◆ EXERCISE OBJECTIVE
In the entries that follow, the lines from the one with "let fresh = get-none" through the one with "get k t.threads))" are the ones to write out, exactly and with both ends included. Nothing else should appear.

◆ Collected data

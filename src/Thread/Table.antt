-- ===== src/Thread/Table.antt =====
-- The thread table gives every live thread a TID of its own and loses no TID.
use compute_kernel_python.Prelude.{
  ℕ, ◌≤◌, ◌<◌, String, ◌≡◌, Bool, true, false, ◌||◌, none, some, List, [], ◌∷◌, if◌then◌else◌,
  arith, Option-cases, inl, inr,
}
use compute_kernel_python.Prelude.Eq.{◌==◌, nat_eq}
use compute_kernel_python.Prelude.Ids.{Sound, Sound-take_next, Sound-take_spare, Sound-return}
use compute_kernel_python.Prelude.Dict.{
  get, has_key, get-put, get-pop, has_key-put, has_key-pop, has_key-get, get-none,
}
use compute_kernel_python.Thread.{
  Store, TidAllocator, ThreadTable, Spawned, alloc_tid, free_tid, init, spawn, remove,
}

-- TIDs from 1 on are in use or wait to be used again, never both and none lost; the object of a
-- live thread was made before `next_ref` and has the TID at which it stands.
pub record IsValid (t : ThreadTable) (objects : Store) : Type 0 where
  pub sound : Sound 1 t.tids.next_tid t.tids.free_tids (λ k. has_key k t.threads)
  pub low : (k : ℕ) → has_key k t.threads ≡ true → 1 ≤ k
  pub made : (k r : ℕ) → get k t.threads ≡ some r → r < t.next_ref
  pub named : (k r : ℕ) → get k t.threads ≡ some r → (objects r).tid ≡ k

pub init-IsValid : (objects : Store) → IsValid init objects
unfolding has_key get
init-IsValid objects = record {
  sound = record {
    low = omega arith;
    live_below = λ k h. absurd (cc);
    spare_low = λ k h. absurd (cc);
    spare_below = λ k h. absurd (cc);
    spare_free = λ k h. absurd (cc);
    distinct = tt;
    complete = λ k l b h. absurd (omega arith);
  };
  low = λ k h. absurd (cc);
  made = λ k r h. absurd (cc);
  named = λ k r h. absurd (cc);
}

module _ (next : ℕ) (spare : List ℕ) where
  abbrev allocator : TidAllocator
  allocator = record { next_tid = next; free_tids = spare }

alloc_tid-Sound :
    (next : ℕ) (spare : List ℕ) (live after : ℕ → Bool)
    → Sound 1 next spare live
    → ((k : ℕ) → after k ≡ ((alloc_tid (allocator next spare)).0 == k || live k))
    → Sound 1
        (alloc_tid (allocator next spare)).1.next_tid
        (alloc_tid (allocator next spare)).1.free_tids
        after
unfolding alloc_tid
alloc_tid-Sound next [] live after s e = Sound-take_next s e
alloc_tid-Sound next (x ∷ spare) live after s e = Sound-take_spare x spare s e

alloc_tid-fresh :
    (next : ℕ) (spare : List ℕ) (live : ℕ → Bool)
    → Sound 1 next spare live
    → (live (alloc_tid (allocator next spare)).0 ≡ false)
      × (1 ≤ (alloc_tid (allocator next spare)).0)
unfolding alloc_tid
alloc_tid-fresh next [] live s = (ground (arith, s.live_below next), s.low)
alloc_tid-fresh next (x ∷ spare) live s =
    (ground (arith, s.spare_free x), ground (arith, s.spare_low x))

module _ (pid : ℕ) (name : String) (timeslice : ℕ) (is_kernel_thread : Bool) (t : ThreadTable)
    (objects : Store) (v : IsValid t objects) where
  abbrev made_now : Spawned
  made_now = spawn pid name timeslice is_kernel_thread t objects

  spawn-IsValid : IsValid made_now.table made_now.objects
  unfolding spawn
  spawn-IsValid =
      let (unused, high) = alloc_tid-fresh t.tids.next_tid t.tids.free_tids _ v.sound in
      let tid = (alloc_tid t.tids).0 in
      record {
        sound =
            alloc_tid-Sound t.tids.next_tid t.tids.free_tids _ _ v.sound
              (λ k. has_key-put tid k t.next_ref t.threads);
        low = λ k h. ground (arith, high, has_key-put tid k t.next_ref t.threads, v.low k);
        made = λ k r h. ground (arith, get-put tid k t.next_ref t.threads, v.made k r);
        named =
            λ k r h. ground (arith, get-put tid k t.next_ref t.threads, v.named k r, v.made k r);
      }

  -- In a table as calls leave it, `spawn` gives the new thread a TID from 1 on that no live thread
  -- has, with both tick counts at the time slice; the new thread then stands at that TID, every
  -- other thread is found as before with its object unchanged, and the table is again such a table.
  pub spawn_thread_lem :
      (tid : ℕ)
      → tid ≡ (made_now.objects made_now.thread).tid
      → (get tid t.threads ≡ none)
        × (1 ≤ tid)
        × (get tid made_now.table.threads ≡ some made_now.thread)
        × ((made_now.objects made_now.thread).timeslice ≡ timeslice)
        × ((made_now.objects made_now.thread).remaining_ticks ≡ timeslice)
        × ((k r : ℕ)
            → get k t.threads ≡ some r
            → (get k made_now.table.threads ≡ some r) × (made_now.objects r ≡ objects r))
        × IsValid made_now.table made_now.objects
  unfolding spawn
  spawn_thread_lem tid e =
      let (unused, high) = alloc_tid-fresh t.tids.next_tid t.tids.free_tids _ v.sound in
      let new_tid = (alloc_tid t.tids).0 in
      let fresh = get-none new_tid t.threads unused in
      let is_new : tid ≡ new_tid = ground arith in
      (
        ground (arith, fresh, is_new),
        ground (arith, high, is_new),
        ground (arith, is_new, get-put new_tid tid t.next_ref t.threads),
        ground arith,
        ground arith,
        λ k r h. ground (arith, get-put new_tid k t.next_ref t.threads, fresh, h, v.made k r),
        (unfold spawn in spawn-IsValid),
      )

-- In a table as calls leave it, `remove` takes out the thread at the given TID, if there is one,
-- and no other, and the table is again such a table.
pub remove_thread_lem :
    (tid : ℕ) (t : ThreadTable) (objects : Store)
    → IsValid t objects
    → IsValid (remove tid t) objects
      × ((k : ℕ) → get k (remove tid t).threads ≡ (if tid == k then none else get k t.threads))
unfolding remove free_tid
remove_thread_lem tid t objects v = elim (Option-cases (get tid t.threads)) [
  | inl e ↦ (rw (e, remove) v, λ k. ground arith)
  | inr (r, e) ↦ (
    rw (e, remove)
        (record {
          sound =
              Sound-return tid t.tids.free_tids v.sound (v.low tid (has_key-get tid r t.threads e))
                (has_key-get tid r t.threads e) (λ k. has_key-pop tid k t.threads);
          low = λ k h. ground (arith, has_key-pop tid k t.threads, v.low k);
          made = λ k q h. ground (arith, get-pop tid k t.threads, v.made k q);
          named = λ k q h. ground (arith, get-pop tid k t.threads, v.named k q);
        }),
    λ k. ground (arith, get-pop tid k t.threads),
  )
]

◆ RESPONSE BOX
      let fresh = get-none new_tid t.threads unused in
      let is_new : tid ≡ new_tid = ground arith in
      (
        ground (arith, fresh, is_new),
        ground (arith, high, is_new),
        ground (arith, is_new, get-put new_tid tid t.next_ref t.threads),
        ground arith,
        ground arith,
        λ k r h. ground (arith, get-put new_tid k t.next_ref t.threads, fresh, h, v.made k r),
        (unfold spawn in spawn-IsValid),
      )

-- In a table as calls leave it, `remove` takes out the thread at the given TID, if there is one,
-- and no other, and the table is again such a table.
pub remove_thread_lem :
    (tid : ℕ) (t : ThreadTable) (objects : Store)
    → IsValid t objects
    → IsValid (remove tid t) objects
      × ((k : ℕ) → get k (remove tid t).threads ≡ (if tid == k then none else get k t.threads))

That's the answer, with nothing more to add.